European Views 21/8/2019

With anti-government demonstrations well into their third month, Hong Kong’s streets are all but soaked in tear gas. Hundreds of flights out of regional nexus point Hong Kong International Airport have been cancelled, and the government was last week forced to slash economic projections in the face of unyielding pro-democracy demands. The city, home to the world’s second largest group of billionaires, is on its knees. 
At the same time, inquiries from Hongkongers about property in Portugal seem to have skyrocketed, with wealthy residents and investors scrambling for alternative residency amid the city’s rapidly deteriorating political situation. 

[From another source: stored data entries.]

-- ===== src/Tls/Endpoint/Layout.antt =====
-- src/tls/endpoint/layout.rs: how many slots the pools of a worker have. A `usize` has 64 bits.
pub mod Bounds
use tls.Base.{
  ℕ, suc, ◌+◌, ◌-◌, ◌*◌, ◌/◌, ◌%◌, ◌^◌, min, max, Bool, true, false, Option, none, some, Result, ok,
  err, ◌==◌,
}
use tls.Error.{BufferKind, receive, send}
use tls.Staging.{max_plaintext, tls_staging_cap}

-- pool::Layout with its error, and bounded::U32::from_usize at a maximum.
pub record PoolLayouts : Type 1 where
  pub PoolLayout : Type 0
  pub Cause : Type 0
  pub new_layout : ℕ → ℕ → Result Cause PoolLayout
  pub slots : PoolLayout → ℕ
  pub from_usize : ℕ → ℕ → Option ℕ

abbrev pub default_staged_records : ℕ
default_staged_records = 64

abbrev pub default_ciphertext_slots : ℕ
default_ciphertext_slots = 128

abbrev pub max_staged_records : ℕ
max_staged_records = 4294967294

-- layout::Error.
pub record StagedError : Type 0 where
  pub actual : ℕ
  pub maximum : ℕ

-- domain::Limits, and layout::Plan.
pub record Limits : Type 0 where
  pub connections : ℕ
  pub resident : ℕ

pub record Plan : Type 0 where
  pub staged : Option ℕ
  pub send_max : ℕ
  pub growing : Option ℕ

-- The value that `new` of a Plan gives.
pub new_plan : Plan
new_plan = record { staged = none; send_max = 1 + (default_ciphertext_slots - 1); growing = none }

-- with_staged, with_send and with_growth of a Plan.
pub with_staged : Plan → ℕ → Plan
with_staged plan max = record plan { staged = some max }

pub with_send : Plan → ℕ → Plan
with_send plan max = record plan { send_max = max }

pub with_growth : Plan → ℕ → Plan
with_growth plan warm = record plan { growing = some warm }

-- usize::div_ceil.
pub div_ceil : ℕ → ℕ → ℕ
div_ceil a b = elim (a % b == 0) [ true ↦ a / b | false ↦ a / b + 1 ]

-- The records that may be held, of `layout` of a Plan.
pub held_records : Plan → Limits → ℕ
unfolding div_ceil
held_records plan limits = elim plan.staged [
  | some count ↦ count
  | none ↦
      max (min default_staged_records limits.connections) (div_ceil limits.resident max_plaintext)
]

-- The slots that `layout` of a Plan asks for.
pub recv_request : Plan → Limits → ℕ
recv_request plan limits = (held_records plan limits + 1) % 2 ^ 64

pub send_request : Plan → Limits → ℕ
send_request plan limits = min plan.send_max limits.connections

module _ ⦃p : PoolLayouts⦄ where
  open p use {PoolLayout, Cause, new_layout, slots, from_usize}

  -- Staged::try_from.
  pub try_from : ℕ → Result StagedError ℕ
  try_from actual = elim (from_usize max_staged_records actual) [
    | some count ↦ ok count
    | none ↦ err (record { actual = actual; maximum = max_staged_records })
  ]

  pub record Layout : Type 0 where
    pub recv_layout : PoolLayout
    pub send_layout : PoolLayout
    pub growing : Option ℕ

  -- net::BufferLayout.
  pub record BadLayout : Type 0 where
    pub kind : BufferKind
    pub cause : Cause

  -- Layout::try_new.
  pub try_new : ℕ → ℕ → Option ℕ → Result BadLayout Layout
  try_new rslots sslots growing = elim (new_layout rslots max_plaintext) [
    | err cause ↦ err (record { kind = receive; cause = cause })
    | ok recv ↦ elim (new_layout sslots tls_staging_cap) [
      | err cause ↦ err (record { kind = send; cause = cause })
      | ok sending ↦ ok (record { recv_layout = recv; send_layout = sending; growing = growing })
    ]
  ]

  -- `layout` of a Plan.
  pub layout : Plan → Limits → Result BadLayout Layout
  unfolding recv_request send_request try_new
  layout plan limits = try_new (recv_request plan limits) (send_request plan limits) plan.growing

  -- Layout::recv_slots, send_slots, recv_cap and send_cap.
  abbrev pub recv_slots : Layout → ℕ
  recv_slots l = slots l.recv_layout

  abbrev pub send_slots : Layout → ℕ
  send_slots l = slots l.send_layout

  abbrev pub recv_cap : Layout → ℕ
  recv_cap l = max_plaintext

  abbrev pub send_cap : Layout → ℕ
  send_cap l = tls_staging_cap

  -- Layout::payload.
  pub payload : Layout → ℕ
  payload l = (slots l.recv_layout * max_plaintext + slots l.send_layout * tls_staging_cap) % 2 ^ 64
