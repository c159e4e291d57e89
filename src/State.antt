-- ===== src/State.antt =====
-- src/state/mod.rs: the writer that rustls fills, and the loop that empties rustls into a buffer.
pub mod Output
pub mod Drain
pub mod Causes
pub mod Moved
pub mod Progress
pub mod Staged
pub mod Buffers
pub mod Input
pub mod Source
use tls.Base.{
  ℕ, zero, suc, ◌+◌, Bool, true, false, not, Option, none, some, Result, ok, err, List, [], ◌∷◌,
  ◌==◌, length,
}
use tls.Outside.{Outside}
use tls.Error.{Error, io, invalid_buffer_progress}

module _ ⦃o : Outside⦄ where
  open o use {
    Cursor, Spare, Native, spare_len, spare, remaining, append, commit, wants_write, write_tls,
  }

  -- Output::write_vectored: the chunks in turn, up to the first that does not fit whole.
  -- `written` is the sum so far.
  pub write_chunks : ℕ → Spare → List (List ℕ) → ℕ × Spare
  write_chunks written s [] = (written, s)
  write_chunks written s (bytes ∷ chunks) =
      let (n, s') = append s bytes in
      let rest = write_chunks (written + n) s' chunks in
      elim (n == length bytes) [ true ↦ rest | false ↦ (written + n, s') ]

  pub write_all_vectored : Spare → List (List ℕ) → ℕ × Spare
  unfolding write_chunks
  write_all_vectored s chunks = write_chunks 0 s chunks

  abbrev Drained : Type 0
  Drained = Result Error (Unit {0}) × Native × Spare

  -- The loop of `drain`; `none` is the end of the fuel.
  pub drain_loop : ℕ → Native → Spare → Option (Result Error (Unit {0}) × Native × Spare)
  drain_loop zero conn output = none
  drain_loop (suc fuel) conn output = elim (remaining output == 0) [
    | true ↦ some (ok tt, conn, output)
    | false ↦
        let (r, conn', output') = write_tls write_all_vectored conn output in
        elim r [
          | err cause ↦ some (err (io cause), conn', output')
          | ok n ↦ elim (n == 0) [
            | true ↦ some (err invalid_buffer_progress, conn', output')
            | false ↦ elim (wants_write conn') [
              | false ↦ some (ok tt, conn', output')
              | true ↦ drain_loop fuel conn' output'
            ]
          ]
        ]
  ]

  -- What follows the loop. `none` is the end of its fuel.
  pub settled :
      Native
      → Spare
      → Option (Result Error (Unit {0}) × Native × Spare)
      → Result Error (Unit {0}) × Native × Cursor
  settled conn output none = (err invalid_buffer_progress, conn, commit output)
  settled conn output (some (r, conn', output')) = (r, conn', commit output')

  pub drain : Native → Cursor → Result Error (Unit {0}) × Native × Cursor
  unfolding settled
  drain conn out = elim (wants_write conn) [
    | false ↦ (ok tt, conn, out)
    | true ↦ settled conn (spare out) (drain_loop (suc (spare_len out)) conn (spare out))
  ]
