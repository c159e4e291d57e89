-- ===== src/Tls/Waiters/Waits.antt =====
-- Where one waits in a lane, and what becomes of its place when the lane changes.
use tls.Base.{
  ℕ, suc, ◌-◌, ◌≤◌, ◌≡◌, ◌⊎◌, sym, ap, ◌∙◌, inl, inr, List, [], ◌∷◌, ◌++◌, length, arith,
  append_assoc,
}
use tls.Tls.Waiters.{Resource, recv, handshake_egress}

-- What is in a lane once `kind` has got a new entry.
abbrev pub joined : {A : Type 0} → Resource → Resource → List A → A → List A
joined recv recv xs h = xs ++ (h ∷ [])
joined recv handshake_egress xs h = xs
joined handshake_egress recv xs h = xs
joined handshake_egress handshake_egress xs h = xs ++ (h ∷ [])

-- What was in a lane before `kind` gave its first entry.
abbrev pub headed : {A : Type 0} → Resource → Resource → A → List A → List A
headed recv recv h xs = h ∷ xs
headed recv handshake_egress h xs = xs
headed handshake_egress recv h xs = xs
headed handshake_egress handshake_egress h xs = h ∷ xs

-- A list from which `h` may have been taken out, wherever it was.
pub data Without {A : Type 0} (h : A) (xs : List A) : List A → Type 0 where
  same : Without h xs xs
  out : (before behind : List A) → xs ≡ before ++ h ∷ behind → Without h xs (before ++ behind)

-- `h` waits, behind at most `n` others.
pub record Waits {A : Type 0} (h : A) (n : ℕ) (xs : List A) : Type 0 where
  pub before : List A
  pub behind : List A
  pub found : xs ≡ before ++ h ∷ behind
  pub turn : length before ≤ n

Waits-append : {A : Type 0} (h : A) (n : ℕ) (xs ys : List A) → Waits h n xs → Waits h n (xs ++ ys)
Waits-append h n xs ys w = record {
  before = w.before;
  behind = w.behind ++ ys;
  found = ap (λ zs. zs ++ ys) w.found ∙ append_assoc w.before (h ∷ w.behind) ys;
  turn = w.turn;
}

pub Waits-joined :
    {A : Type 0} (kind k : Resource) (h g : A) (n : ℕ) (xs : List A)
    → Waits h n xs
    → Waits h n (joined kind k xs g)
Waits-joined recv recv h g n xs w = Waits-append h n xs (g ∷ []) w
Waits-joined recv handshake_egress h g n xs w = w
Waits-joined handshake_egress recv h g n xs w = w
Waits-joined handshake_egress handshake_egress h g n xs w = Waits-append h n xs (g ∷ []) w

-- One more in front.
Waits-cons : {A : Type 0} (h b : A) (n : ℕ) (xs : List A) → Waits h n xs → Waits h (suc n) (b ∷ xs)
Waits-cons h b n xs w = record {
  before = b ∷ w.before;
  behind = w.behind;
  found = ap (◌∷◌ b) w.found;
  turn = omega (arith, w.turn);
}

-- What is taken out is `h` itself, or `h` still waits, no further behind.
taken_out :
    {A : Type 0} (h g : A) (before behind as' bs : List A)
    → before ++ h ∷ behind ≡ as' ++ g ∷ bs
    → (g ≡ h) ⊎ Waits h (length before) (as' ++ bs)
taken_out h g [] behind [] bs e = inl cc
taken_out h g [] behind (a ∷ as') bs e =
    let first : a ≡ h = cc in
    inr (record {
      before = [];
      behind = as' ++ bs;
      found = ap (λ x. x ∷ (as' ++ bs)) first;
      turn = omega arith;
    })
taken_out h g (b ∷ before) behind [] bs e =
    let rest : bs ≡ before ++ h ∷ behind = cc in
    inr (record { before = before; behind = behind; found = rest; turn = omega arith })
taken_out h g (b ∷ before) behind (a ∷ as') bs e =
    let rest : before ++ h ∷ behind ≡ as' ++ g ∷ bs = cc in
    elim (taken_out h g before behind as' bs rest) [
      | inl it ↦ inl it
      | inr w ↦ inr (Waits-cons h a (length before) (as' ++ bs) w)
    ]

-- Whether a lane is the one asked for, and how many entries a call, or several, take from its front.
unfoldable pub is_one : Resource → Resource → ℕ
is_one recv recv = 1
is_one recv handshake_egress = 0
is_one handshake_egress recv = 0
is_one handshake_egress handshake_egress = 1

first_out :
    {A : Type 0} (h g : A) (n : ℕ) (xs before behind : List A)
    → g ∷ xs ≡ before ++ h ∷ behind
    → length before ≤ n
    → (g ≡ h) ⊎ ((1 ≤ n) × Waits h (n - 1) xs)
first_out h g n xs [] behind e le = inl cc
first_out h g n xs (b ∷ bs) behind e le =
    let rest : xs ≡ bs ++ h ∷ behind = cc in
    inr (omega arith, record { before = bs; behind = behind; found = rest; turn = omega arith })

front_out :
    {A : Type 0} (h g : A) (n : ℕ) (xs : List A)
    → Waits h n (g ∷ xs)
    → (g ≡ h) ⊎ ((1 ≤ n) × Waits h (n - 1) xs)
front_out h g n xs w = first_out h g n xs w.before w.behind w.found w.turn

pub kept_place :
    {A : Type 0} (h : A) (n : ℕ) (xs : List A) → Waits h n xs → (0 ≤ n) × Waits h (n - 0) xs
kept_place h n xs w = (
  omega arith,
  record { before = w.before; behind = w.behind; found = w.found; turn = omega (arith, w.turn) },
)

pub Waits-headed :
    {A : Type 0} (kind k : Resource) (h g : A) (n : ℕ) (xs : List A)
    → Waits h n (headed kind k g xs)
    → (g ≡ h) ⊎ ((is_one kind k ≤ n) × Waits h (n - is_one kind k) xs)
unfolding is_one
Waits-headed recv recv h g n xs w = front_out h g n xs w
Waits-headed recv handshake_egress h g n xs w = inr (kept_place h n xs w)
Waits-headed handshake_egress recv h g n xs w = inr (kept_place h n xs w)
Waits-headed handshake_egress handshake_egress h g n xs w = front_out h g n xs w

pub Waits-Without :
    {A : Type 0} (h g : A) (n : ℕ) (xs ys : List A)
    → Without g xs ys
    → Waits h n xs
    → (g ≡ h) ⊎ Waits h n ys
Waits-Without h g n xs _ same w = inr w
Waits-Without h g n xs _ (out before behind e) w =
    elim (taken_out h g w.before w.behind before behind (sym w.found ∙ e)) [
      | inl it ↦ inl it
      | inr v ↦ inr (record {
        before = v.before;
        behind = v.behind;
        found = v.found;
        turn = omega (arith, v.turn, w.turn);
      })
    ]

pub some_entry : {A : Type 0} (h : A) (before behind : List A) → [] ≡ before ++ h ∷ behind → ⊥
some_entry h [] behind e = cc
some_entry h (b ∷ bs) behind e = cc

Since its launch in 2012, Portugal’s golden visa scheme has attracted 7,500 applicants, and facilitated more than 4.6 billion euros in investment in the country. Under the scheme, an individual is eligible for a golden visa if they acquire at least 350,000 euros worth of Portuguese property, granting successful applicants the right to live, work and study in the country in addition to visa-free travel within 26 countries under Europe’s Schengen umbrella. 

From April to June, Chinese and Hong Kong demand for property in the Mediterranean country jumped 40.4 percent from a year ago, the highest number of inquiries in any quarter since 2016. This year, Portugal is among the top three destinations for regional buyers seeking a golden visa abroad.
While the benefits promised by the golden visa program are obvious, it also doesn’t hurt that Lisbon has been ranked by accounting giant PwC as the best city for real estate investment and development prospects among major European cities for the year. In the metropolitan area of the capital, property prices were up by about eight percent last year; rental yields range from 5.5 to six percent.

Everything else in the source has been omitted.